PROBLEM STATEMENT>
Retype every entry below without any change.

____

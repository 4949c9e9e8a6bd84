-- ===== src/Trie/Pruned.antt =====
-- No dead branches: below the root every node leads to a subscription.
use mesquitte_client.Base.{
  ◌≡◌, ◌≢◌, ◌↔◌, refl, ◌∙◌, true, false, some, List, [], ◌∷◌, ◌++◌, String, ◌==◌, string_key, arith,
  same_refl, Option-cases, Bool-cases, inl, inr,
}
use mesquitte_client.Subscription.{Subscription}
use mesquitte_client.Trie.Nodes.{
  TrieNode, Children, node, nil, child, get_child, set_child, remove_child, via, is_bare, put_back,
  entry_or_new, insert_at, remove_at,
}
use mesquitte_client.Trie.Paths.{subs_at, has_path, remove_at-has_path}

abbrev mutual
  pub IsPruned : TrieNode → Type 0
  IsPruned (node cs subs) = ArePruned cs

  pub ArePruned : Children → Type 0
  ArePruned nil = Unit
  ArePruned (child t n cs) = (is_bare n ≡ false) × IsPruned n × ArePruned cs

get_child-IsPruned :
    (t : String) (cs : Children) (n : TrieNode)
    → ArePruned cs
    → get_child t cs ≡ some n
    → (is_bare n ≡ false) × IsPruned n
unfolding get_child
get_child-IsPruned t nil n p h = cc
get_child-IsPruned t (child u m cs) n p h = elim (Bool-cases (u == t)) [
  | inl same ↦ let e : m ≡ n = ground arith in rw (← e) (p.0, p.1)
  | inr other ↦ get_child-IsPruned t cs n p.2 (ground arith)
]

set_child-ArePruned :
    (t : String) (n : TrieNode) (cs : Children)
    → is_bare n ≡ false
    → IsPruned n
    → ArePruned cs
    → ArePruned (set_child t n cs)
unfolding set_child
set_child-ArePruned t n nil b q p = (b, q, tt)
set_child-ArePruned t n (child u m cs) b q p = elim (Bool-cases (u == t)) [
  | inl same ↦ rw same (b, q, p.2)
  | inr other ↦ rw other (p.0, p.1, set_child-ArePruned t n cs b q p.2)
]

remove_child-ArePruned : (t : String) (cs : Children) → ArePruned cs → ArePruned (remove_child t cs)
unfolding remove_child
remove_child-ArePruned t nil p = tt
remove_child-ArePruned t (child u m cs) p = elim (Bool-cases (u == t)) [
  | inl same ↦ rw same (remove_child-ArePruned t cs p.2)
  | inr other ↦ rw other (p.0, p.1, remove_child-ArePruned t cs p.2)
]

put_back-ArePruned :
    (t : String) (n : TrieNode) (cs : Children)
    → IsPruned n
    → ArePruned cs
    → ArePruned (put_back t n cs)
put_back-ArePruned t n cs q p = elim (Bool-cases (is_bare n)) [
  | inl bare ↦ rw (put_back, bare) (remove_child-ArePruned t cs p)
  | inr full ↦ rw (put_back, full) (set_child-ArePruned t n cs full q p)
]

is_bare-append :
    (cs : Children) (subs : List Subscription) (s : Subscription)
    → is_bare (node cs (subs ++ s ∷ [])) ≡ false
is_bare-append nil [] s = refl
is_bare-append nil (x ∷ subs) s = refl
is_bare-append (child t n cs) subs s = refl

is_bare-set_child :
    (t : String) (n : TrieNode) (cs : Children) (subs : List Subscription)
    → is_bare (node (set_child t n cs) subs) ≡ false
unfolding set_child
is_bare-set_child t n nil subs = refl
is_bare-set_child t n (child u m cs) subs = elim (Bool-cases (u == t)) [
  | inl same ↦ rw same
  | inr other ↦ rw other
]

is_bare-insert_at :
    (ts : List String) (s : Subscription) (n : TrieNode) → is_bare (insert_at ts s n) ≡ false
unfolding insert_at
is_bare-insert_at [] s (node cs subs) = is_bare-append cs subs s
is_bare-insert_at (t ∷ ts) s (node cs subs) = is_bare-set_child t _ cs subs

entry_or_new-IsPruned : (t : String) (cs : Children) → ArePruned cs → IsPruned (entry_or_new t cs)
unfolding entry_or_new
entry_or_new-IsPruned t cs p = elim (Option-cases (get_child t cs)) [
  | inl missing ↦ rw (missing, entry_or_new) tt
  | inr (n, there) ↦ rw (there, entry_or_new) (get_child-IsPruned t cs n p there).1
]

pub insert_at-IsPruned :
    (ts : List String) (s : Subscription) (n : TrieNode) → IsPruned n → IsPruned (insert_at ts s n)
unfolding insert_at
insert_at-IsPruned [] s (node cs subs) p = p
insert_at-IsPruned (t ∷ ts) s (node cs subs) p =
    set_child-ArePruned t _ cs (is_bare-insert_at ts s _)
      (insert_at-IsPruned ts s _ (entry_or_new-IsPruned t cs p)) p

pub remove_at-IsPruned :
    (ts : List String) (n : TrieNode) → IsPruned n → IsPruned (remove_at ts n).0
unfolding remove_at
remove_at-IsPruned [] (node cs subs) p = p
remove_at-IsPruned (t ∷ ts) (node cs subs) p = elim (Option-cases (get_child t cs)) [
  | inl missing ↦ rw (missing, remove_at) p
  | inr (n, there) ↦
      let (_, below) = get_child-IsPruned t cs n p there in
      let back = put_back-ArePruned t (remove_at ts n).0 cs (remove_at-IsPruned ts n below) p in
      elim (Bool-cases (remove_at ts n).1) [
        | inl found ↦ rw (there, remove_at, found) back
        | inr lost ↦ rw (there, remove_at, lost) p
      ]
]

-- In a trie without dead branches a node that is not bare leads to a subscription.
live : (n : TrieNode) → IsPruned n → is_bare n ≡ false → (q : List String) × (subs_at q n ≢ [])
unfolding subs_at via get_child
live (node nil []) p h = cc
live (node nil (s ∷ subs)) p h = ([], λ e. cc)
live (node (child t n cs) subs) p h =
    let (q, there) = live n p.1 p.0 in (t ∷ q, λ e. there (ground (arith, same_refl t)))

live_below :
    (ts : List String) (n : TrieNode)
    → IsPruned n
    → is_bare n ≡ false
    → has_path ts n ≡ true
    → (q : List String) × (subs_at (ts ++ q) n ≢ [])
unfolding subs_at via has_path
live_below [] n p b h = live n p b
live_below (t ∷ ts) (node cs subs) p b h = elim (Option-cases (get_child t cs)) [
  | inl missing ↦ absurd (ground arith)
  | inr (c, there) ↦
      let (full, below) = get_child-IsPruned t cs c p there in
      let (q, found) = live_below ts c below full (ground arith) in (q, λ e. found (ground arith))
]

has_path_of_subs :
    (ts q : List String) (n : TrieNode) → subs_at (ts ++ q) n ≢ [] → has_path ts n ≡ true
unfolding subs_at via has_path
has_path_of_subs [] q n h = refl
has_path_of_subs (t ∷ ts) q (node cs subs) h = elim (Option-cases (get_child t cs)) [
  | inl missing ↦ absurd (h (ground arith))
  | inr (c, there) ↦ ground (arith, has_path_of_subs ts q c (λ e. h (ground arith)))
]

has_path_bare :
    (t : String) (ts : List String) (n : TrieNode) → is_bare n ≡ true → has_path (t ∷ ts) n ≡ false
unfolding has_path get_child
has_path_bare t ts (node nil []) h = refl
has_path_bare t ts (node nil (s ∷ subs)) h = cc
has_path_bare t ts (node (child u c cs) subs) h = cc

-- In a trie without dead branches `remove` returns true exactly when a subscription stood at the
-- filter or at a filter that goes on from it.
pub remove_at-eq-true_iff :
    (t : String) (ts : List String) (n : TrieNode)
    → IsPruned n
    → ((remove_at (t ∷ ts) n).1 ≡ true) ↔ ((q : List String) × (subs_at ((t ∷ ts) ++ q) n ≢ []))
remove_at-eq-true_iff t ts n p =
    let path = remove_at-has_path (t ∷ ts) n in
    (
      λ h. elim (Bool-cases (is_bare n)) [
        | inl bare ↦ absurd (cc (has_path_bare t ts n bare, path))
        | inr full ↦ live_below (t ∷ ts) n p full (cc path)
      ],
      λ (q, there). path ∙ has_path_of_subs (t ∷ ts) q n there,
    )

____

SOLUTION TO THE PROBLEM>
repository 4949c9e9e8a6bd84
-- ===== src/Trie/Pruned.antt =====
-- No dead branches: below the root every node leads to a subscription.
use mesquitte_client.Base.{
  ◌≡◌, ◌≢◌, ◌↔◌, refl, ◌∙◌, true, false, some, List, [], ◌∷◌, ◌++◌, String, ◌==◌, string_key, arith,
  same_refl, Option-cases, Bool-cases, inl, inr,
}
use mesquitte_client.Subscription.{Subscription}
use mesquitte_client.Trie.Nodes.{
  TrieNode, Children, node, nil, child, get_child, set_child, remove_child, via, is_bare, put_back,
  entry_or_new, insert_at, remove_at,
}
use mesquitte_client.Trie.Paths.{subs_at, has_path, remove_at-has_path}

abbrev mutual
  pub IsPruned : TrieNode → Type 0
  IsPruned (node cs subs) = ArePruned cs

  pub ArePruned : Children → Type 0
  ArePruned nil = Unit
  ArePruned (child t n cs) = (is_bare n ≡ false) × IsPruned n × ArePruned cs

get_child-IsPruned :
    (t : String) (cs : Children) (n : TrieNode)
    → ArePruned cs
    → get_child t cs ≡ some n
    → (is_bare n ≡ false) × IsPruned n
unfolding get_child
get_child-IsPruned t nil n p h = cc
get_child-IsPruned t (child u m cs) n p h = elim (Bool-cases (u == t)) [
  | inl same ↦ let e : m ≡ n = ground arith in rw (← e) (p.0, p.1)
  | inr other ↦ get_child-IsPruned t cs n p.2 (ground arith)
]

set_child-ArePruned :
    (t : String) (n : TrieNode) (cs : Children)
    → is_bare n ≡ false
    → IsPruned n
    → ArePruned cs
    → ArePruned (set_child t n cs)
unfolding set_child
set_child-ArePruned t n nil b q p = (b, q, tt)
set_child-ArePruned t n (child u m cs) b q p = elim (Bool-cases (u == t)) [
  | inl same ↦ rw same (b, q, p.2)
  | inr other ↦ rw other (p.0, p.1, set_child-ArePruned t n cs b q p.2)
]

remove_child-ArePruned : (t : String) (cs : Children) → ArePruned cs → ArePruned (remove_child t cs)
unfolding remove_child
remove_child-ArePruned t nil p = tt
remove_child-ArePruned t (child u m cs) p = elim (Bool-cases (u == t)) [
  | inl same ↦ rw same (remove_child-ArePruned t cs p.2)
  | inr other ↦ rw other (p.0, p.1, remove_child-ArePruned t cs p.2)
]

put_back-ArePruned :
    (t : String) (n : TrieNode) (cs : Children)
    → IsPruned n
    → ArePruned cs
    → ArePruned (put_back t n cs)
put_back-ArePruned t n cs q p = elim (Bool-cases (is_bare n)) [
  | inl bare ↦ rw (put_back, bare) (remove_child-ArePruned t cs p)
  | inr full ↦ rw (put_back, full) (set_child-ArePruned t n cs full q p)
]

is_bare-append :
    (cs : Children) (subs : List Subscription) (s : Subscription)
    → is_bare (node cs (subs ++ s ∷ [])) ≡ false
is_bare-append nil [] s = refl
is_bare-append nil (x ∷ subs) s = refl
is_bare-append (child t n cs) subs s = refl

is_bare-set_child :
    (t : String) (n : TrieNode) (cs : Children) (subs : List Subscription)
    → is_bare (node (set_child t n cs) subs) ≡ false
unfolding set_child
is_bare-set_child t n nil subs = refl
is_bare-set_child t n (child u m cs) subs = elim (Bool-cases (u == t)) [
  | inl same ↦ rw same
  | inr other ↦ rw other
]

is_bare-insert_at :
    (ts : List String) (s : Subscription) (n : TrieNode) → is_bare (insert_at ts s n) ≡ false
unfolding insert_at
is_bare-insert_at [] s (node cs subs) = is_bare-append cs subs s
is_bare-insert_at (t ∷ ts) s (node cs subs) = is_bare-set_child t _ cs subs

entry_or_new-IsPruned : (t : String) (cs : Children) → ArePruned cs → IsPruned (entry_or_new t cs)
unfolding entry_or_new
entry_or_new-IsPruned t cs p = elim (Option-cases (get_child t cs)) [
  | inl missing ↦ rw (missing, entry_or_new) tt
  | inr (n, there) ↦ rw (there, entry_or_new) (get_child-IsPruned t cs n p there).1
]

pub insert_at-IsPruned :
    (ts : List String) (s : Subscription) (n : TrieNode) → IsPruned n → IsPruned (insert_at ts s n)
unfolding insert_at
insert_at-IsPruned [] s (node cs subs) p = p
insert_at-IsPruned (t ∷ ts) s (node cs subs) p =
    set_child-ArePruned t _ cs (is_bare-insert_at ts s _)
      (insert_at-IsPruned ts s _ (entry_or_new-IsPruned t cs p)) p

pub remove_at-IsPruned :
    (ts : List String) (n : TrieNode) → IsPruned n → IsPruned (remove_at ts n).0
unfolding remove_at
remove_at-IsPruned [] (node cs subs) p = p
remove_at-IsPruned (t ∷ ts) (node cs subs) p = elim (Option-cases (get_child t cs)) [
  | inl missing ↦ rw (missing, remove_at) p
  | inr (n, there) ↦
      let (_, below) = get_child-IsPruned t cs n p there in
      let back = put_back-ArePruned t (remove_at ts n).0 cs (remove_at-IsPruned ts n below) p in
      elim (Bool-cases (remove_at ts n).1) [
        | inl found ↦ rw (there, remove_at, found) back
        | inr lost ↦ rw (there, remove_at, lost) p
      ]
]

-- In a trie without dead branches a node that is not bare leads to a subscription.
live : (n : TrieNode) → IsPruned n → is_bare n ≡ false → (q : List String) × (subs_at q n ≢ [])
unfolding subs_at via get_child
live (node nil []) p h = cc
live (node nil (s ∷ subs)) p h = ([], λ e. cc)
live (node (child t n cs) subs) p h =
    let (q, there) = live n p.1 p.0 in (t ∷ q, λ e. there (ground (arith, same_refl t)))

live_below :
    (ts : List String) (n : TrieNode)
    → IsPruned n
    → is_bare n ≡ false
    → has_path ts n ≡ true
    → (q : List String) × (subs_at (ts ++ q) n ≢ [])
unfolding subs_at via has_path
live_below [] n p b h = live n p b
live_below (t ∷ ts) (node cs subs) p b h = elim (Option-cases (get_child t cs)) [
  | inl missing ↦ absurd (ground arith)
  | inr (c, there) ↦
      let (full, below) = get_child-IsPruned t cs c p there in
      let (q, found) = live_below ts c below full (ground arith) in (q, λ e. found (ground arith))
]

has_path_of_subs :
    (ts q : List String) (n : TrieNode) → subs_at (ts ++ q) n ≢ [] → has_path ts n ≡ true
unfolding subs_at via has_path
has_path_of_subs [] q n h = refl
has_path_of_subs (t ∷ ts) q (node cs subs) h = elim (Option-cases (get_child t cs)) [
  | inl missing ↦ absurd (h (ground arith))
  | inr (c, there) ↦ ground (arith, has_path_of_subs ts q c (λ e. h (ground arith)))
]

has_path_bare :
    (t : String) (ts : List String) (n : TrieNode) → is_bare n ≡ true → has_path (t ∷ ts) n ≡ false
unfolding has_path get_child
has_path_bare t ts (node nil []) h = refl
has_path_bare t ts (node nil (s ∷ subs)) h = cc
has_path_bare t ts (node (child u c cs) subs) h = cc

-- In a trie without dead branches `remove` returns true exactly when a subscription stood at the
-- filter or at a filter that goes on from it.
pub remove_at-eq-true_iff :
    (t : String) (ts : List String) (n : TrieNode)
    → IsPruned n
    → ((remove_at (t ∷ ts) n).1 ≡ true) ↔ ((q : List String) × (subs_at ((t ∷ ts) ++ q) n ≢ []))
remove_at-eq-true_iff t ts n p =
    let path = remove_at-has_path (t ∷ ts) n in
    (
      λ h. elim (Bool-cases (is_bare n)) [
        | inl bare ↦ absurd (cc (has_path_bare t ts n bare, path))
        | inr full ↦ live_below (t ∷ ts) n p full (cc path)
      ],
      λ (q, there). path ∙ has_path_of_subs (t ∷ ts) q n there,
    )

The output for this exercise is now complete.